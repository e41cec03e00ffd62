-- ===== src/Bridge/Sinks/Silent.antt =====
-- A task that has left its loop, or that tokio has dropped, sends nothing more.
use iroh_dart.Prelude.{
  inl, inr, Bool-cases, Option-cases, ==_iff, ℕ, ◌<◌, ◌≡◌, ◌≢◌, refl, ◌∙◌, subst, Bool, false, List,
  update, update_right, ◌==◌, arith,
}
use iroh_dart.Runtime.{
  looping, leave_loop, finish_call, finish_task, drop_task, abort_stream, spawn_task,
}
use iroh_dart.Runtime.Steps as Registry
use iroh_dart.Runtime.Cancel.{abort_stream_asks}
use iroh_dart.Bridge.Sinks.{
  Sources, Stream, System, loop_turn, open_stream, poll_loop, yield_item, end_stream,
}
use iroh_dart.Bridge.Sinks.Steps.{
  Step, opens, registers, polls, unregisters, drops, cancels, yields, ends, Steps, here, more,
  Reach, next, Reach-runtime, after_cancel, after_drop,
}

module _ (src : Sources) where
  -- The call was made, its task is out of the loop, and these messages are in Dart's port.
  record Silent (id : ℕ) (sent : List (List ℕ)) (s : System src) : Type 0 where
    made : id < s.runtime.next_id
    out : (s.runtime.task id).pc ≢ looping
    same : (s.streams id).sent ≡ sent

  sent_update :
      (f : ℕ → Stream src) (j id : ℕ) (st : Stream src)
      → st.sent ≡ (f j).sent
      → (update f j st id).sent ≡ (f id).sent
  sent_update f j id st h =
      update_right (λ (a : Stream src) (b : Stream src). b.sent ≡ a.sent) f f j st h (λ k. refl) id

  poll_loop-Silent :
      (accepts : Bool) (j id : ℕ) (sent : List (List ℕ)) (s : System src)
      → (s.runtime.task j).pc ≡ looping
      → Silent id sent s
      → Silent id sent (poll_loop src accepts j s)
  unfolding poll_loop leave_loop
  poll_loop-Silent accepts j id sent s p v = elim (Bool-cases (j == id)) [
    | inl e ↦ absurd (v.out (subst (λ k. (s.runtime.task k).pc ≡ looping) ((==_iff j id).0 e) p))
    | inr e ↦ elim (Bool-cases (loop_turn src accepts (s.streams j)).1) [
      | inl left ↦ rw left (record { made = v.made; out = rw e v.out; same = rw e v.same })
      | inr stays ↦ rw stays (record { made = v.made; out = v.out; same = rw e v.same })
    ]
  ]

  abort_stream-Silent :
      (token id : ℕ) (sent : List (List ℕ)) (s : System src)
      → Silent id sent s
      → Silent id sent (record s { runtime = abort_stream token s.runtime })
  unfolding abort_stream
  abort_stream-Silent token id sent s v = elim (Option-cases (s.runtime.registry token)) [
    | inl e ↦ rw (e, abort_stream) v
    | inr (k, e) ↦
        rw (e, abort_stream) (record { made = v.made; out = ground (arith, v.out); same = v.same })
  ]

  Step-Silent :
      {s s' : System src} (id : ℕ) (sent : List (List ℕ))
      → Step src s s'
      → Silent id sent s
      → Silent id sent s'
  unfolding open_stream yield_item end_stream spawn_task finish_call finish_task drop_task
  Step-Silent {s} id sent (opens call token new) v = record {
    made = omega (arith, v.made);
    out = ground (arith, v.out, v.made);
    same = ground (arith, v.made, v.same);
  }
  Step-Silent {s} id sent (registers j p) v = record {
    made = v.made;
    out = ground (arith, v.out);
    same = v.same;
  }
  Step-Silent {s} id sent (polls accepts j p) v = poll_loop-Silent accepts j id sent s p v
  Step-Silent {s} id sent (unregisters j p) v = record {
    made = v.made;
    out = ground (arith, v.out);
    same = v.same;
  }
  Step-Silent {s} id sent (drops j p q) v = record {
    made = v.made;
    out = ground (arith, v.out);
    same = v.same;
  }
  Step-Silent {s} id sent (cancels token) v = abort_stream-Silent token id sent s v
  Step-Silent {s} id sent (yields j x p) v = record {
    made = v.made;
    out = v.out;
    same = sent_update s.streams j id _ refl ∙ v.same;
  }
  Step-Silent {s} id sent (ends j) v = record {
    made = v.made;
    out = v.out;
    same = sent_update s.streams j id _ refl ∙ v.same;
  }

  Steps-Silent :
      {s s' : System src} (id : ℕ) (sent : List (List ℕ))
      → Steps src s s'
      → Silent id sent s
      → Silent id sent s'
  Steps-Silent id sent here v = v
  Steps-Silent id sent (more run st) v = Step-Silent id sent st (Steps-Silent id sent run v)

  -- Once the task of a stream call is out of its loop (it left it, ended, or was dropped after a
  -- cancellation), nothing that happens later puts another message into Dart's port.
  pub Steps-sent :
      {s s' : System src} (id : ℕ)
      → Steps src s s'
      → id < s.runtime.next_id
      → (s.runtime.task id).pc ≢ looping
      → (s'.streams id).sent ≡ (s.streams id).sent
  Steps-sent {s} id run made out =
      (Steps-Silent id (s.streams id).sent run
        (record { made = made; out = out; same = refl })).same

  -- In a reachable state, `cancel_stream` with the token of a stream whose task is in its loop, and
  -- whose call has returned, lets the runtime drop the task next; if it does, Dart gets no message
  -- on this stream that it had not got before the cancellation, whatever happens later.
  pub cancelled-sent :
      {s t : System src} (id : ℕ)
      → Reach src s
      → (s.runtime.task id).pc ≡ looping
      → (s.runtime.task id).pending ≡ false
      → Steps src (after_drop src id (after_cancel src (s.runtime.task id).token s)) t
      → Step src
          (after_cancel src (s.runtime.task id).token s)
          (after_drop src id (after_cancel src (s.runtime.task id).token s))
        × ((t.streams id).sent ≡ (s.streams id).sent)
  unfolding drop_task
  cancelled-sent {s} {t} id r run returned later =
      let token = (s.runtime.task id).token in
      let c : System src = after_cancel src token s in
      let v = Registry.Reach-Inv (Reach-runtime src r) in
      let (asked, gone, still) = abort_stream_asks id v run returned in
      let v' = Registry.Reach-Inv (Reach-runtime src (next r (cancels token))) in
      (drops id still asked, Steps-sent id later (ground (arith, v'.fresh id)) (ground arith))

┄┄┄┄┄┄┄┄┄┄

- Work instructions -
In the records above, each line with the string "refl" should be copied.

- Expected answer -
  inl, inr, Bool-cases, Option-cases, ==_iff, ℕ, ◌<◌, ◌≡◌, ◌≢◌, refl, ◌∙◌, subst, Bool, false, List,
      update_right (λ (a : Stream src) (b : Stream src). b.sent ≡ a.sent) f f j st h (λ k. refl) id
    same = sent_update s.streams j id _ refl ∙ v.same;
    same = sent_update s.streams j id _ refl ∙ v.same;
        (record { made = made; out = out; same = refl })).same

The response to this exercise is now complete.